AutoSys Workload Automation

 View Only
  • 1.  autosys KPI

    Posted Jul 18, 2022 01:40 PM
    i'm looking for KPI ideas for autosys.
    1. EP uptime
    2. EP latency
    3. number of jobs
    4. number of runs
    5. percentage of failed vs total runs
    6. number of machines
    7. number of job owners
    what else we can measure?

  • 2.  RE: autosys KPI

    Posted Jul 19, 2022 03:44 AM

    jobs defined maybe be measured also.


  • 3.  RE: autosys KPI

    Broadcom Employee
    Posted Jul 19, 2022 03:53 AM
    Perhaps another measure worth considering would be number of manual interventions, e.g. sendevents.

  • 4.  RE: autosys KPI

    Posted Jul 19, 2022 09:18 AM
    * Number of job runs per hour of the day
    * Number of jobs that won't run (no-exec, on-ice, on-hold)
    * Number of stale jobs (haven't run since x)
    * Number of cred owners with no jobs
    * Number of machines with no jobs

  • 5.  RE: autosys KPI

    Posted Jul 19, 2022 12:30 PM
    Hey Pavel.  I ran through an exercise like this not too long ago.  I agree with everything you've mentioned and the things others have mentioned too.  In our case my prober (prometheus, written in python) also checks...

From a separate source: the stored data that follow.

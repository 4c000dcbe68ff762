-- ===== src/Runtime/Capacity/Order.antt =====
-- The order of service of the capacity queue of gateway-runtime.js.
use magento2_chat_ai.JsMap
use magento2_chat_ai.Prelude.{
  ℕ, ◌-◌, ◌≡◌, ◌≢◌, refl, sym, ◌∙◌, Bool, false, ◌&&◌, inl, inr, Option, none, some, List, [],
  if_pos, if_neg, ◌∷◌, arith, leb, ltb, keep, length, Bool-cases, ℕ_discrete,
}
use magento2_chat_ai.Runtime.Capacity.{
  Gate, Options, granted, cleanup, register, is_first, leave, try_grant, poll, renew_capacity,
  renew_found, release_capacity, capacity_metrics,
}
use magento2_chat_ai.Runtime.Capacity.Laws.{
  Event, registers, polls, renews, releases, measures, apply, run,
}

-- The second of two tokens does not stand in front of the first.
abbrev InOrder : ℕ → ℕ → List (ℕ × ℕ) → Type 0
InOrder a b [] = Unit
InOrder a b ((t, at) ∷ q) = (t ≡ b → JsMap.get ℕ_discrete a q ≡ none) × InOrder a b q

keep-absent :
    (f : ℕ × ℕ → Bool) (a : ℕ) (q : List (ℕ × ℕ))
    → JsMap.get ℕ_discrete a q ≡ none
    → JsMap.get ℕ_discrete a (keep f q) ≡ none
unfolding keep JsMap.get
keep-absent f a [] h = refl
keep-absent f a ((t, at) ∷ q) h =
    let (other, rest) = JsMap.absent-cons ℕ_discrete a t at q h in
    ground (arith, keep-absent f a q rest, other)

keep-InOrder :
    (f : ℕ × ℕ → Bool) (a b : ℕ) (q : List (ℕ × ℕ)) → InOrder a b q → InOrder a b (keep f q)
unfolding keep
keep-InOrder f a b [] h = tt
keep-InOrder f a b ((t, at) ∷ q) h = elim (Bool-cases (f (t, at))) [
  | inl e ↦ rw e ((λ same. keep-absent f a q (h.0 same)), keep-InOrder f a b q h.1)
  | inr e ↦ rw e (keep-InOrder f a b q h.1)
]

delete-InOrder :
    (a b c : ℕ) (q : List (ℕ × ℕ)) → InOrder a b q → InOrder a b (JsMap.delete ℕ_discrete c q)
unfolding JsMap.delete
delete-InOrder a b c [] h = tt
delete-InOrder a b c ((t, at) ∷ q) h =
    let rest = delete-InOrder a b c q h.1 in
    elim (ℕ_discrete t c) [
      | yes same ↦ rw (if_pos _ same) rest
      | no other ↦
          rw (if_neg _ other)
            ((λ same. ground (arith, JsMap.get-delete ℕ_discrete c a q, h.0 same)), rest)
    ]

-- A token that is new and not the first of the two is put anywhere.
set-InOrder :
    (a b c at : ℕ) (q : List (ℕ × ℕ))
    → c ≢ a
    → c ≢ b
    → InOrder a b q
    → InOrder a b (JsMap.set ℕ_discrete c at q)
unfolding JsMap.set JsMap.get
set-InOrder a b c at [] new_a new_b h = ((λ same. refl), tt)
set-InOrder a b c at ((t, at') ∷ q) new_a new_b h = elim (ℕ_discrete t c) [
  | yes same ↦ rw (if_pos _ same) h
  | no other ↦ rw (if_neg _ other) (
    (λ same. JsMap.get-set_ne ℕ_discrete c a at q new_a ∙ h.0 same),
    set-InOrder a b c at q new_a new_b h.1,
  )
]

-- The second of the two, where it was missing, comes after everything else.
last-InOrder :
    (a b at : ℕ) (q : List (ℕ × ℕ))
    → a ≢ b
    → JsMap.get ℕ_discrete b q ≡ none
    → InOrder a b (JsMap.set ℕ_discrete b at q)
unfolding JsMap.set JsMap.get
last-InOrder a b at [] differ h = ((λ same. refl), tt)
last-InOrder a b at ((t, at') ∷ q) differ h =
    let (other, rest) = JsMap.absent-cons ℕ_discrete b t at' q h in
    rw (if_neg _ other) ((λ same. absurd (other same)), last-InOrder a b at q differ rest)

absent-InOrder : (a b : ℕ) (q : List (ℕ × ℕ)) → JsMap.get ℕ_discrete b q ≡ none → InOrder a b q
absent-InOrder a b [] h = tt
absent-InOrder a b ((t, at) ∷ q) h =
    let (other, rest) = JsMap.absent-cons ℕ_discrete b t at q h in
    ((λ same. absurd (other same)), absent-InOrder a b q rest)

-- Who stands first has nobody in front.
not_first :
    (a b : ℕ) (q : List (ℕ × ℕ))
    → a ≢ b
    → InOrder a b q
    → JsMap.get ℕ_discrete a q ≢ none
    → is_first b q ≡ false
unfolding is_first JsMap.get
not_first a b [] differ h there = refl
not_first a b ((t, at) ∷ q) differ h there = elim (ℕ_discrete t b) [
  | yes same ↦ absurd (there (rw (if_neg _ (λ e. differ (sym e ∙ same))) (h.0 same)))
  | no other ↦ ground (arith, other)
]

cleanup-InOrder :
    (a b now : ℕ) (o : Options) (g : Gate)
    → InOrder a b g.queue
    → InOrder a b (cleanup now o g).queue
unfolding cleanup
cleanup-InOrder a b now o g h = keep-InOrder _ a b g.queue h

try_grant-InOrder :
    (a b now started_at : ℕ) (o : Options) (token : ℕ) (g : Gate)
    → InOrder a b g.queue
    → InOrder a b (try_grant now started_at o token g).1.queue
unfolding try_grant leave
try_grant-InOrder a b now started_at o token g h =
    elim (Bool-cases (is_first token g.queue && ltb (length g.semaphore) o.concurrency)) [
      | inl e ↦ rw e (delete-InOrder a b token g.queue h)
      | inr e ↦ rw e h
    ]

poll-InOrder :
    (a b now : ℕ) (stop : Bool) (started_at : ℕ) (o : Options) (token : ℕ) (g : Gate)
    → InOrder a b g.queue
    → InOrder a b (poll now stop started_at o token g).1.queue
unfolding poll leave
poll-InOrder a b now stop started_at o token g h =
    let gone = delete-InOrder a b token g.queue h in
    elim (Bool-cases (ltb (now - started_at) o.queue_wait_ms)) [
      | inl e ↦ elim (Bool-cases stop) [
        | inl s ↦ rw (e, s) gone
        | inr s ↦
            rw (e, s)
              (try_grant-InOrder a b now started_at o token (cleanup now o g)
                (cleanup-InOrder a b now o g h))
      ]
      | inr e ↦ rw e gone
    ]

register-InOrder :
    (a b now : ℕ) (o : Options) (c : ℕ) (g : Gate)
    → c ≢ a
    → c ≢ b
    → InOrder a b g.queue
    → InOrder a b (register now o c g).1.queue
unfolding register
register-InOrder a b now o c g new_a new_b h =
    let cleaned = cleanup-InOrder a b now o g h in
    elim (Bool-cases (leb o.max_queue (length (cleanup now o g).queue))) [
      | inl full ↦ rw full cleaned
      | inr room ↦ rw room (set-InOrder a b c now (cleanup now o g).queue new_a new_b cleaned)
    ]

joined-InOrder :
    (a b now : ℕ) (o : Options) (g : Gate)
    → a ≢ b
    → JsMap.get ℕ_discrete b g.queue ≡ none
    → InOrder a b (register now o b g).1.queue
unfolding register cleanup
joined-InOrder a b now o g differ h =
    let absent = keep-absent (λ q. leb (now - q.1) o.queue_wait_ms) b g.queue h in
    elim (Bool-cases (leb o.max_queue (length (cleanup now o g).queue))) [
      | inl full ↦ rw full (absent-InOrder a b (cleanup now o g).queue absent)
      | inr room ↦ rw room (last-InOrder a b now (cleanup now o g).queue differ absent)
    ]

-- An event registers neither of two tokens; tokens are random and never come twice.
abbrev pub Spares : ℕ → ℕ → Event → Type 0
Spares a b (registers now token) = (token ≢ a) × (token ≢ b)
Spares a b (polls now stop started_at token) = Unit
Spares a b (renews now token lease_ms) = Unit
Spares a b (releases token) = Unit
Spares a b (measures now) = Unit

abbrev pub AllSpare : ℕ → ℕ → List Event → Type 0
AllSpare a b [] = Unit
AllSpare a b (e ∷ es) = Spares a b e × AllSpare a b es

renew_found-queue :
    (until token : ℕ) (e : Option ℕ) (g : Gate) → (renew_found until token e g).1.queue ≡ g.queue
unfolding renew_found
renew_found-queue until token none g = refl
renew_found-queue until token (some e) g = refl

apply-InOrder :
    (a b : ℕ) (o : Options) (e : Event) (g : Gate)
    → Spares a b e
    → InOrder a b g.queue
    → InOrder a b (apply o e g).queue
unfolding apply release_capacity capacity_metrics renew_capacity
apply-InOrder a b o (registers now token) g spares h =
    register-InOrder a b now o token g spares.0 spares.1 h
apply-InOrder a b o (polls now stop started_at token) g spares h =
    poll-InOrder a b now stop started_at o token g h
apply-InOrder a b o (renews now token lease_ms) g spares h =
    rw (renew_found-queue _ token (JsMap.get ℕ_discrete token g.semaphore) g) h
apply-InOrder a b o (releases token) g spares h = h
apply-InOrder a b o (measures now) g spares h = h

run-InOrder :
    (a b : ℕ) (o : Options) (es : List Event) (g : Gate)
    → AllSpare a b es
    → InOrder a b g.queue
    → InOrder a b (run o es g).queue
unfolding run
run-InOrder a b o [] g spare h = h
run-InOrder a b o (e ∷ es) g spare h =
    run-InOrder a b o es (apply o e g) spare.1 (apply-InOrder a b o e g spare.0 h)

behind-waits :
    (now : ℕ) (stop : Bool) (started_at : ℕ) (o : Options) (b : ℕ) (g : Gate)
    → is_first b (cleanup now o g).queue ≡ false
    → (n : ℕ) → (poll now stop started_at o b g).0 ≢ granted n
unfolding poll try_grant
behind-waits now stop started_at o b g h n e = ground (arith, h, e)

-- Requests are served in the order in which they came: one that registers after another is granted
-- by no poll as long as the other still stands in the queue, whatever calls are made in between.
pub granted-in_order :
    (o : Options) (a b now : ℕ) (g : Gate) (es : List Event) (later : ℕ) (stop : Bool)
    (started_at n : ℕ)
    → a ≢ b
    → JsMap.get ℕ_discrete b g.queue ≡ none
    → AllSpare a b es
    → let g' = run o es (register now o b g).1 in
      JsMap.get ℕ_discrete a (cleanup later o g').queue ≢ none
      → (poll later stop started_at o b g').0 ≢ granted n
granted-in_order o a b now g es later stop started_at n differ new spare there =
    let g' = run o es (register now o b g).1 in
    let ordered =
      run-InOrder a b o es (register now o b g).1 spare (joined-InOrder a b now o g differ new) in
    behind-waits later stop started_at o b g'
      (not_first a b (cleanup later o g').queue differ (cleanup-InOrder a b later o g' ordered)
        there)
      n
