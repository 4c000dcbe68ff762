-- ===== src/Examples/Capacity.antt =====
-- A queue of gateway-runtime.js with one slot.
use magento2_chat_ai.Prelude.{
  ◌-◌, ◌<◌, ◌≡◌, ◌≢◌, false, none, List, [], ◌∷◌, refl, arith, ℕ_discrete, keep,
}
use magento2_chat_ai.JsMap
use magento2_chat_ai.Runtime.Capacity.{
  Gate, Options, waiting, granted, register, release_capacity, poll, cleanup, try_grant, is_first,
  leave,
}
use magento2_chat_ai.Runtime.Capacity.Laws.{
  Event, registers, polls, releases, apply, run, IsBounded, run_gate-IsBounded, poll_ends,
}
use magento2_chat_ai.Runtime.Capacity.Order.{granted-in_order}

abbrev one_slot : Options
one_slot = record { concurrency = 1; max_queue = 2; queue_wait_ms = 30000; lease_ms = 90000 }

abbrev idle : Gate
idle = record { queue = []; semaphore = [] }

abbrev queued : Gate
queued = record { queue = (5, 0) ∷ (6, 1) ∷ []; semaphore = [] }

abbrev calls : List Event
calls = registers 0 5 ∷ registers 1 6 ∷ polls 2 false 0 5 ∷ polls 3 false 1 6 ∷ releases 5 ∷ []

run_gate-IsBounded_example : IsBounded one_slot (run one_slot calls idle)
run_gate-IsBounded_example =
    run_gate-IsBounded one_slot calls idle (record { served = omega arith; queued = omega arith })

poll_ends_example :
    ((poll 10 false 1 one_slot 6 queued).0 ≡ waiting → (10 - 1 < 30000) × (false ≡ false))
    × ((poll 10 false 1 one_slot 6 queued).0 ≢ waiting
        → JsMap.get ℕ_discrete 6 (poll 10 false 1 one_slot 6 queued).1.queue ≡ none)
poll_ends_example = poll_ends 10 false 1 one_slot 6 queued

abbrev one_waits : Gate
one_waits = record { queue = (5, 0) ∷ []; semaphore = (9, 100) ∷ [] }

abbrev freed : List Event
freed = polls 2 false 1 6 ∷ releases 9 ∷ []

-- The slot is free, and the first request still waits.
granted-in_order_example :
    (poll 3 false 1 one_slot 6 (run one_slot freed (register 1 one_slot 6 one_waits).1)).0
    ≢ granted 2
unfolding run apply register poll cleanup try_grant is_first leave keep release_capacity JsMap.get
    JsMap.set JsMap.delete ℕ_discrete
granted-in_order_example =
    granted-in_order one_slot 5 6 1 one_waits freed 3 false 1 2 (λ e. cc) refl (tt, (tt, tt))
      (λ e. cc)
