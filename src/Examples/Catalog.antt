-- ===== src/Examples/Catalog.antt =====
-- Lists of products, as a search builds them and as the history brings them back.
use magento2_chat_ai.Catalog.Pagination.{
  PaginationSource, SearchArgs, build_catalog_products_payload,
}
use magento2_chat_ai.Catalog.Pagination.History.{brought_back, brought_back-build}
use magento2_chat_ai.Catalog.Pagination.Pages.{build-continued}
use magento2_chat_ai.JsNumber.{nan, whole}
use magento2_chat_ai.Prelude.{ℕ, ◌*◌, ◌<◌, ◌≡◌, refl, none, some, List, [], ◌∷◌, true, false, arith}

abbrev source : PaginationSource
source = record {
  page_size = some (whole 2);
  page = some (whole 3);
  total = whole 9;
  next_page = whole 4;
  total_is_verified = true;
  has_more = true;
}

abbrev args : SearchArgs
args = record { limit = none; page_size = nan; page = nan }

abbrev found : List ℕ
found = 11 ∷ 12 ∷ 13 ∷ []

build-continued_example :
    ((build_catalog_products_payload source args found).pagination.page < 4)
    × (2 ≡ (build_catalog_products_payload source args found).pagination.page_size)
    × ((build_catalog_products_payload source args found).pagination.page * 2 < 20)
    × ((build_catalog_products_payload source args found).coverage.complete ≡ false)
unfolding build_catalog_products_payload
build-continued_example = build-continued source args found 4 2 refl

brought_back-build_example :
    brought_back (build_catalog_products_payload source args found)
    ≡ build_catalog_products_payload source args found
unfolding build_catalog_products_payload
brought_back-build_example = brought_back-build source args found (omega arith) refl
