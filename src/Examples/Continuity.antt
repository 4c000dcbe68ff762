-- ===== src/Examples/Continuity.antt =====
-- A turn that searches, misses and narrows its search.
use magento2_chat_ai.Catalog.QueryContinuity.{
  search_products, list_categories, Args, Content, new_continuity, normalize, observe, positive,
  whole_of,
}
use magento2_chat_ai.Catalog.QueryContinuity.Provenance.{
  Observation, observe_all, searched, HasOwn, Known, normalize-Known,
}
use magento2_chat_ai.JsNumber.{nan, whole}
use magento2_chat_ai.Prelude.{true, ℕ, ◌≡◌, ◌⊎◌, refl, none, some, List, [], ◌∷◌, false}
use magento2_chat_ai.Text.{Text, codes, filled, trim}

abbrev search : Text → ℕ → Args
search query category = record {
  query = query;
  category_id = whole category;
  price_preference = [];
  required_variant_attribute_code = [];
  lookup_purpose = [];
}

abbrev found : ℕ → Content
found n = record {
  error = false;
  status = [];
  total = whole n;
  items = none;
  categories =
      record { id = whole 4; parent_id = whole 2; product_count = whole 9 }
      ∷ record { id = whole 2; parent_id = nan; product_count = whole 9 }
      ∷ [];
}

-- A missed search for shoes, then the categories, of which only the fourth is a leaf.
abbrev seen : List Observation
seen =
    record { tool = search_products; args = search (codes " shoes") 0; content = some (found 0) }
    ∷ record { tool = list_categories; args = search [] 0; content = some (found 2) }
    ∷ []

normalize-Known_example :
    let s = observe_all seen new_continuity in
    let query = (normalize s search_products (search [] 2)).query in
    ((query ≡ []) ⊎ ((query ≡ trim []) ⊎ Known query (searched seen [])))
    × (filled (trim []) ≡ true → query ≡ trim [])
    × (filled (trim []) ≡ true → HasOwn s (search [] 2) query)
    × (positive (whole_of (whole 2)) ≡ false → (query ≡ trim []) ⊎ (query ≡ []))
normalize-Known_example = normalize-Known seen (search [] 2)

repeated :
    (normalize (observe_all seen new_continuity) search_products (search [] 2)).query
    ≡ codes "shoes"
unfolding normalize observe_all observe
repeated = refl

browsed : (normalize (observe_all seen new_continuity) search_products (search [] 4)).query ≡ []
unfolding normalize observe_all observe
browsed = refl
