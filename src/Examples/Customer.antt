-- ===== src/Examples/Customer.antt =====
-- Pending actions, cart requests and a verified guest of the customer services.
use magento2_chat_ai.JsMap
use magento2_chat_ai.Prelude.{ℕ, refl, true, false, none, some, List, [], ◌∷◌, arith}
use magento2_chat_ai.Customer.PendingAction
use magento2_chat_ai.Customer.PendingAction.{
  Pending, support, order, consume_pending_verification_action, has_pending_verification_action,
  handed_out, handed_out-le_one,
}
use magento2_chat_ai.Customer.BrowserCart
use magento2_chat_ai.Customer.BrowserCart.{created, IsSettled, run-IsSettled}
use magento2_chat_ai.Customer.GuestAccess.{World}

abbrev pending : Pending ℕ
pending = record {
  purpose = order;
  conversation_id = 3;
  content = 9;
  created_at = 0;
  expires_at = 600000;
}

abbrev verifications : List PendingAction.Event
verifications =
    PendingAction.consumes 5 support
    ∷ PendingAction.consumes 6 order
    ∷ PendingAction.consumes 7 order
    ∷ []

abbrev calls : List BrowserCart.Event
calls =
    BrowserCart.requests true true false 4
    ∷ BrowserCart.requests true true true 5
    ∷ BrowserCart.resolves 0 4 (some 1)
    ∷ BrowserCart.times_out 0
    ∷ BrowserCart.closes
    ∷ []

run-IsSettled_example : IsSettled (BrowserCart.run calls created)
unfolding JsMap.get
run-IsSettled_example =
    run-IsSettled calls created
      (record { made = λ id lt. absurd (omega (arith, lt)); unmade = λ id le. refl })

abbrev visitor : World ℕ ℕ ℕ
visitor = record {
  client = record { customer_id = 0; session = some 1; access = none };
  cache = [];
}
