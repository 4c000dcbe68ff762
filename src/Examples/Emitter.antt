-- ===== src/Examples/Emitter.antt =====
-- A run of smooth-chunk-emitter.js.
use magento2_chat_ai.Prelude.{◌≡◌, refl, true, false, [], ◌∷◌, ◌++◌, arith}
use magento2_chat_ai.Conversation.ChunkEmitter.{
  Config, Emitter, fires, drains, created, drain, resolves, run,
}
use magento2_chat_ai.Conversation.ChunkEmitter.Flow.{
  pushing, firing, draining, calls, pushed, passed, calls-passed,
}
use magento2_chat_ai.Conversation.ChunkEmitter.Drain.{fire_all, IsDrained, fire_all-IsDrained}
use magento2_chat_ai.Conversation.ChunkEmitter.Settling.{drain_strands}

abbrev config : Config
config = record { target_frames = 2; min_chars = 1; max_chars = 2 }

abbrev busy : Emitter
busy = record created { queue = 3 ∷ 4 ∷ 5 ∷ []; timer = true; waiters = 1 }

calls-passed_example :
    passed (calls config (pushing (1 ∷ 2 ∷ []) ∷ firing ∷ draining ∷ []) busy)
    ≡ passed busy ++ pushed (pushing (1 ∷ 2 ∷ []) ∷ firing ∷ draining ∷ [])
calls-passed_example = calls-passed config (pushing (1 ∷ 2 ∷ []) ∷ firing ∷ draining ∷ []) busy refl

fire_all-IsDrained_example : IsDrained (fire_all config 4 busy)
fire_all-IsDrained_example = fire_all-IsDrained config 4 busy (omega arith) refl

drain_strands_example :
    ((drain true busy).0 ≡ resolves)
    × ((run config (drains true ∷ fires true false ∷ []) (drain true busy).1).waiters ≡ 1)
drain_strands_example = drain_strands config (drains true ∷ fires true false ∷ []) busy refl tt
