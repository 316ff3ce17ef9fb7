-- ===== src/Rbac/Requests.antt =====
-- frontend/public/components/RBAC/bindings.jsx: what saving the form of a binding asks the API for.
use web_ui.Base.{
  ℕ, Bool, true, false, ◌&&◌, ◌||◌, ◌≡◌, ◌∙◌, refl, sym, ap, Option, none, some, null,
  if◌then◌else◌, Bool-cases, inl, inr,
}
use mathlib.Core.Bool.{true≢false}
use mathlib.Core.Option.{some-injective, none-ne-some}
use web_ui.Base.Text.{codes, same_text}
use web_ui.Rbac.Bindings.{Subject}
use web_ui.Rbac.BindingForm.{
  misses_field, misses_subject, SaveResult, type_error, saved, BindingRequest, create_binding,
  replace_subject, refused, save_of, save, FormData, BindingForm, get_subject,
}

-- All that the API needs is filled.
abbrev pub IsComplete : Subject → FormData → Type 0
IsComplete s d =
    null d.kind ≡ false
    × null d.name ≡ false
    × null d.role_kind ≡ false
    × null d.role_name ≡ false
    × null s.kind ≡ false
    × null s.name ≡ false
    × (same_text d.kind (codes "RoleBinding") && null d.namespace) ≡ false
    × (same_text s.kind (codes "ServiceAccount") && null s.namespace) ≡ false

neither : (a b : Bool) → (a || b) ≡ false → a ≡ false × b ≡ false
neither false b h = (refl, h)
neither true b h = absurd (true≢false h)

neither_all :
    (s : Subject) (d : FormData) → (misses_field d || misses_subject s d) ≡ false → IsComplete s d
unfolding misses_field misses_subject
neither_all s d h =
    let both = neither _ _ h in
    let kind = neither _ _ both.0 in
    let name = neither _ _ kind.1 in
    let role = neither _ _ name.1 in
    let subject_kind = neither _ _ both.1 in
    let subject_name = neither _ _ subject_kind.1 in
    let namespaces = neither _ _ subject_name.1 in
    (kind.0, name.0, role.0, role.1, subject_kind.0, subject_name.0, namespaces.0, namespaces.1)

abbrev pub request_of : SaveResult → Option BindingRequest
request_of type_error = none
request_of (saved f r) = r

-- What is sent: of a form with a complete subject, its data, or the subject alone.
abbrev pub IsSent : Bool → ℕ → BindingForm → Option Subject → BindingRequest → Type 0
IsSent is_create i f none r = ⊥
IsSent is_create i f (some s) r =
    IsComplete s f.form_data
    × r ≡ (if is_create then create_binding f.form_data else replace_subject i s)

save_of-IsSent :
    (is_create : Bool) (i : ℕ) (f : BindingForm) (o : Option Subject) (r : BindingRequest)
    → request_of (save_of is_create i f o) ≡ some r
    → IsSent is_create i f o r
unfolding save_of
save_of-IsSent is_create i f none r h = elim (Bool-cases (misses_field f.form_data)) [
  | inl e ↦
      absurd
        (none-ne-some r (sym (ap (λ b. request_of (if b then refused f else type_error)) e) ∙ h))
  | inr e ↦
      absurd
        (none-ne-some r (sym (ap (λ b. request_of (if b then refused f else type_error)) e) ∙ h))
]
save_of-IsSent is_create i f (some s) r h =
    elim (Bool-cases (misses_field f.form_data || misses_subject s f.form_data)) [
      | inl e ↦ absurd (none-ne-some r (sym (ap sent e) ∙ h))
      | inr e ↦ (neither_all s f.form_data e, sym (some-injective _ r (sym (ap sent e) ∙ h)))
    ]
  where
    sent : Bool → Option BindingRequest
    sent b = request_of (
        if b
        then refused f
        else saved (record { form_data = f.form_data; in_progress = true; error = f.error })
            (some (if is_create then create_binding f.form_data else replace_subject i s)))

-- If saving the form asks the API for anything, then the subject at the form's index is there, every
-- field that it, the binding and the role need is filled, and what is asked for is to create the binding
-- of the form or to replace that subject.
pub save-IsSent :
    (is_create : Bool) (i : ℕ) (f : BindingForm) (r : BindingRequest)
    → request_of (save is_create i f) ≡ some r
    → IsSent is_create i f (get_subject i f.form_data) r
unfolding save
save-IsSent is_create i f r h = save_of-IsSent is_create i f (get_subject i f.form_data) r h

    How far behind is DB - how old is the oldest unprocessed event in ujo_event, how many unprocessed events are there
    Skew time for each event - Since the last time scanned how long did each event take in ujo_proc_event to go from init_status_stamp to que_status_stamp, create a histogram and measure SLI skew over time.  Good for an SLO.
    Discrepancy between what config file thinks about DB status vs. what alamode in each db thinks about its own status
    Blackbox user journey - how long does it take to go end-to-end from force starting a /bin/true job to reach an end state
    We're also using a dashboard that reports migration ratio of jobs in old instance/jobs in new instance for instances under migration.
    I'm sure there's stuff you can monitor for your GUI as well like authentication failures and the usual lot.

    Good luck!

  • 6.  RE: autosys KPI

    Broadcom Employee
    Posted Aug 09, 2022 09:15 PM
    Hi All,

    These are all good items to track.  Should it be divided between the 'service' and what I would call usage data. 
    For the service, I would consider uptime for the components, db, agents (going offline/missing), the performance of those.
    The usage KPI are the throughput, failure rate, manual sendevent, job Alarms (different than a job failure, which is not always an alarm).